Saved data entries
-- ===== src/Types/Fitting.antt =====
-- The types that are found fit together.
use portable_concurrency.Prelude.{ℕ, suc, ◌≡◌, ◌≢◌, ◌↔◌, refl, ap, true, false, some, arith}
use mathlib.Core.Option
use mathlib.Core.Option.{some-injective}
use portable_concurrency.Types.{
  CppType, void, object, constant, reference, reference_wrapper, future, shared_future, promise,
  is_allowed, is_future, Invocable, promise_arg,
}
use portable_concurrency.Types.Results.{
  Made, promised, attached_interruptible, value_type, delivers, passed_types, Call,
}

-- The function is called with the arguments that its result is found for, the pointer to the state
-- becomes a future that is returned, no future of a future is named, and the result goes into the
-- state.
pub record IsFitting (c : Call) (f : Invocable) (r : CppType) (m : Made) : Type 0 where
  pub called : f.invoke_result (passed_types c) ≡ some r
  pub converts : value_type m.returned ≡ some m.state
  pub allowed : is_allowed m.returned ≡ true
  pub delivered : delivers c m.state r ≡ true

depth : CppType → ℕ
depth void = 0
depth (object n) = 0
depth (constant t) = suc (depth t)
depth (reference t) = suc (depth t)
depth (reference_wrapper t) = suc (depth t)
depth (promise t) = suc (depth t)
depth (future t) = suc (depth t)
depth (shared_future t) = suc (depth t)

ne_future : (t : CppType) → value_type (future t) ≢ some (future t)
unfolding depth
ne_future t e = omega (arith, ap depth (some-injective _ _ e))

ne_shared_future : (t : CppType) → value_type (shared_future t) ≢ some (shared_future t)
unfolding depth
ne_shared_future t e = omega (arith, ap depth (some-injective _ _ e))

-- The future of an interruptible continuation is made of the result's state exactly if its promise
-- is not that of a future.
pub promised_fits :
    (t r : CppType) (f : Invocable)
    → promise_arg f t ≡ some r
    → (attached_interruptible f t ≡ some (promised r))
      × ((value_type (promised r).returned ≡ some (promised r).state) ↔ (is_future r ≡ false))
unfolding attached_interruptible
promised_fits t r f e = (ap (Option.map promised) e, by_type r)
  where
    by_type :
        (r : CppType)
        → (value_type (promised r).returned ≡ some (promised r).state) ↔ (is_future r ≡ false)
    by_type void = (λ _. refl, λ _. refl)
    by_type (object n) = (λ _. refl, λ _. refl)
    by_type (constant t) = (λ _. refl, λ _. refl)
    by_type (reference t) = (λ _. refl, λ _. refl)
    by_type (reference_wrapper t) = (λ _. refl, λ _. refl)
    by_type (promise t) = (λ _. refl, λ _. refl)
    by_type (future t) = (λ g. absurd (ne_future t g), λ g. ground (arith, g))
    by_type (shared_future t) = (λ g. absurd (ne_shared_future t g), λ g. ground (arith, g))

Try it: Reproduce exactly the line containing "-- The future" and every line after it through the end of the records above, and nothing else.

Answer to the exercise:
-- The future of an interruptible continuation is made of the result's state exactly if its promise
-- is not that of a future.
pub promised_fits :
    (t r : CppType) (f : Invocable)
    → promise_arg f t ≡ some r
    → (attached_interruptible f t ≡ some (promised r))
      × ((value_type (promised r).returned ≡ some (promised r).state) ↔ (is_future r ≡ false))
unfolding attached_interruptible
promised_fits t r f e = (ap (Option.map promised) e, by_type r)
  where
    by_type :
        (r : CppType)
        → (value_type (promised r).returned ≡ some (promised r).state) ↔ (is_future r ≡ false)
    by_type void = (λ _. refl, λ _. refl)
    by_type (object n) = (λ _. refl, λ _. refl)
    by_type (constant t) = (λ _. refl, λ _. refl)
    by_type (reference t) = (λ _. refl, λ _. refl)
    by_type (reference_wrapper t) = (λ _. refl, λ _. refl)
    by_type (promise t) = (λ _. refl, λ _. refl)
    by_type (future t) = (λ g. absurd (ne_future t g), λ g. ground (arith, g))
    by_type (shared_future t) = (λ g. absurd (ne_shared_future t g), λ g. ground (arith, g))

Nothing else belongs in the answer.